As the movement developed it manifested a growing tension between revolution and reform. Its form was more radical than its content. While the rhetoric of the student leaders focused merely on a return to the status quo, the actions of the youth – the riots, the cars overturned and set on fire, the blockades of roads and railways, and the waves of occupations that shut down high schools and universities – announced the extent of the new generation’s disillusionment and rage. Despite all of this, however, the movement quickly disintegrated when the CPE law was eventually dropped. While the most radical segment of the movement sought to expand the rebellion into a general revolt against capitalism, they could not secure significant support and the demonstrations, occupations, and blockades dwindled and soon died. Ultimately the movement was unable to transcend the limitations of reformism.

The Greek uprising of December 2008 broke through many of these limitations and marked the beginning of a new cycle of class struggle. Initiated by students in response to the murder of an Athens youth by police, the uprising consisted of weeks of rioting, looting, and occupations of universities, union offices, and television stations. Entire financial and shopping districts burned, and what the movement lacked in numbers it made up in its geographical breadth, spreading from city to city to encompass the whole of Greece. As in France it was an uprising of youth, for whom the economic crisis represented a total negation of the future. Students, precarious workers, and immigrants were the protagonists, and they were able to achieve a level of unity that far surpassed the fragile solidarities of the anti-CPE movement.

Just as significantly, they made almost no demands. While of course some demonstrators sought to reform the police system or to critique specific government policies, in general they asked for nothing at all from the government, the university, the workplaces, or the police. Not because they considered this a better strategy, but because they wanted nothing that any of these institutions could offer. Here content aligned with form; whereas the optimistic slogans that appeared everywhere in French demonstrations jarred with the images of burning cars and broken glass, in Greece the rioting was the obvious means to begin to enact the destruction of an entire political and economic system.

Ultimately the dynamics that created the uprising also established its limit. It was made possible by the existence of a sizeable radical infrastructure in urban areas, in particular the Exarchia neighborhood in Athens. The squats, bars, cafes, and social centers, frequented by students and immigrant youth, created the milieu out of which the uprising emerged. However, this milieu was alien to most middle-aged wage workers, who did not see the struggle as their own. Though many expressed solidarity with the rioting youth, they perceived it as a movement of entrants – that is, of that portion of the proletariat that sought entrance to the labor market but was not formally employed in full-time jobs. The uprising, strong in the schools and the immigrant suburbs, did not spread to the workplaces.
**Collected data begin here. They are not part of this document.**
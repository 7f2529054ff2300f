-- ===== src/Mux/Session/Opening.antt =====
-- Opening a connection: getId and NewConn of Mux (lib/nps_mux/mux.go).
use nps.Prelude.{
  ℕ, zero, suc, ◌+◌, ◌-◌, ◌^◌, Option, none, some, List, [], ◌∷◌, ◌++◌, Bool, true, false, length,
  ltb, if◌then◌else◌,
}
use nps.Mux.Packet.{nothing, mux_new_conn}
use nps.Mux.Session.ConnMap
use nps.Mux.Session.{Mux, new_conn, conn_at, put_conn, send_info, close_conn}

-- math.MaxInt32
abbrev pub max_int32 : ℕ
max_int32 = 2 ^ 31 - 1

-- The counter as a turn of getId leaves it.
abbrev pub next_id : ℕ → ℕ
next_id current = (if ltb (max_int32 - current) 10000 then 0 else current) + 1

-- The number, unless the map has it already.
unfoldable pub unless_taken : Option ℕ → ℕ → Option ℕ → Option ℕ
unless_taken none id later = some id
unless_taken (some c) id later = later

-- getId; without another goroutine the swap succeeds. The number is also the new counter.
unfoldable pub get_id : ℕ → List (ℕ × ℕ) → ℕ → Option ℕ
unfolding unless_taken
get_id zero m current = none
get_id (suc fuel) m current =
    let id = next_id current in unless_taken (ConnMap.get m id) id (get_id fuel m id)

-- What NewConn answers: an error since the mux is closed, since the peer rejected or did not answer,
-- or the connection; until then it waits. `spins`: getId has found no number.
pub data Opened : Type 0 where
  mux_closed rejected timed_out spins : Opened
  waits opened : ℕ → Opened

-- The mux once the connection is made and Set.
unfoldable pub with_conn : Mux → ℕ → Mux
unfolding new_conn
with_conn m id = record m {
  id = id;
  conns = m.conns ++ (new_conn id ∷ []);
  conn_map = ConnMap.set m.conn_map id (length m.conns);
}

-- After sendInfo
unfoldable pub sent : ℕ → Bool × Mux → Opened × Mux
sent c (true, m) = (waits c, m)
sent c (false, m) = (mux_closed, close_conn m c)

unfoldable pub begin : Mux → Option ℕ → Opened × Mux
unfolding sent with_conn
begin m none = (spins, m)
begin m (some id) = sent (length m.conns) (send_info (with_conn m id) mux_new_conn id nothing)

-- NewConn past its first test, up to the last select
unfoldable pub start : Mux → Opened × Mux
start m = begin m (get_id (suc (length m.conn_map)) m.conn_map m.id)

-- NewConn up to the last select
unfoldable pub connect : Mux → Opened × Mux
unfolding start
connect m = if m.is_close then (mux_closed, m) else start m

-- The cases of the selects.
pub data Signal : Type 0 where
  by_ok by_fail by_close by_timer : Signal

-- The rest of NewConn, when a select takes the case; a case that is not ready leaves it waiting.
unfoldable pub settle : Mux → ℕ → Signal → Opened × Mux
settle m c by_ok =
    let conn = conn_at m c in
    let m' = put_conn m c (record conn { status_ok = false }) in
    if conn.status_ok
    then (if m.is_close then (mux_closed, close_conn m' c) else (opened c, m'))
    else (waits c, m)
settle m c by_fail =
    let conn = conn_at m c in
    let m' = put_conn m c (record conn { status_fail = false }) in
    if conn.status_fail then (rejected, close_conn m' c) else (waits c, m)
settle m c by_close = if m.is_close then (mux_closed, close_conn m c) else (waits c, m)
settle m c by_timer = (timed_out, close_conn m c)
Our task in the current struggle will be to make clear the contradiction between form and content and to create the conditions for the transcendence of reformist demands and the implementation of a truly communist content. As the unions and student and faculty groups push their various “issues,” we must increase the tension until it is clear that we want something else entirely. We must constantly expose the incoherence of demands for democratization and transparency. What good is it to have the right to see how intolerable things are, or to elect those who will screw us over? We must leave behind the culture of student activism, with its moralistic mantras of non-violence and its fixation on single-issue causes. The only success with which we can be content is the abolition of the capitalist mode of production and the certain immiseration and death which it promises for the 21st century. All of our actions must push us towards communization; that is, the reorganization of society according to a logic of free giving and receiving, and the immediate abolition of the wage, the value-form, compulsory labor, and exchange.
Occupation will be a critical tactic in our struggle, but we must resist the tendency to use it in a reformist way. The different strategic uses of occupation became clear this past January when students occupied a building at the New School in New York. A group of friends, mostly graduate students, decided to take over the Student Center and claim it as a liberated space for students and the public. Soon others joined in, but many of them preferred to use the action as leverage to win reforms, in particular to oust the school’s president. These differences came to a head as the occupation unfolded. While the student reformers were focused on leaving the building with a tangible concession from the administration, others shunned demands entirely. They saw the point of occupation as the creation of a momentary opening in capitalist time and space, a rearrangement that sketched the contours of a new society. We side with this anti-reformist position. While we know these free zones will be partial and transitory, the tensions they expose between the real and the possible can push the struggle in a more radical direction.
We intend to employ this tactic until it becomes generalized. In 2001 the first Argentine piqueteros suggested the form the people’s struggle there should take: road blockades which brought to a halt the circulation of goods from place to place. Within months this tactic spread across the country without any formal coordination between groups. In the same way repetition can establish occupation as an instinctive and immediate method of revolt taken up both inside and outside the university. We have seen a new wave of takeovers in the U.S. over the last year, both at universities and workplaces: New School and NYU, as well as the workers at Republic Windows Factory in Chicago, who fought the closure of their factory by taking it over. Now it is our turn.
To accomplish our goals we cannot rely on those groups which position themselves as our representatives. We are willing to work with unions and student associations when we find it useful, but we do not recognize their authority. We must act on our own behalf directly, without mediation. We must break with any groups that seek to limit the struggle by telling us to go back to work or class, to negotiate, to reconcile. This was also the case in France. The original calls for protest were made by the national high school and university student associations and by some of the trade unions. Eventually, as the representative groups urged calm, others forged ahead. And in Greece the unions revealed their counter-revolutionary character by cancelling strikes and calling for restraint.

As an alternative to being herded by representatives, we call on students and workers to organize themselves across trade lines. We urge undergraduates, teaching assistants, lecturers, faculty, service workers, and staff to begin meeting together to discuss their situation. The more we begin talking to one another and finding our common interests, the more difficult it becomes for the administration to pit us against each other in a hopeless competition for dwindling resources. The recent struggles at NYU and the New School suffered from the absence of these deep bonds, and if there is a lesson to be learned from them it is that we must build dense networks of solidarity based upon the recognition of a shared enemy. These networks not only make us resistant to recuperation and neutralization, but also allow us to establish new kinds of collective bonds. These bonds are the real basis of our struggle.

We’ll see you at the barricades.

Research and Destroy
2009

Friday, September 25, 2009

UC Protests Hit Central Valley

Read the statement produced by people occupying buildings at UC Santa Cruz. Info about the protests at UC Merced below. Also, there was a brief occupation of an administration building at UC Davis. Up the valley resistance!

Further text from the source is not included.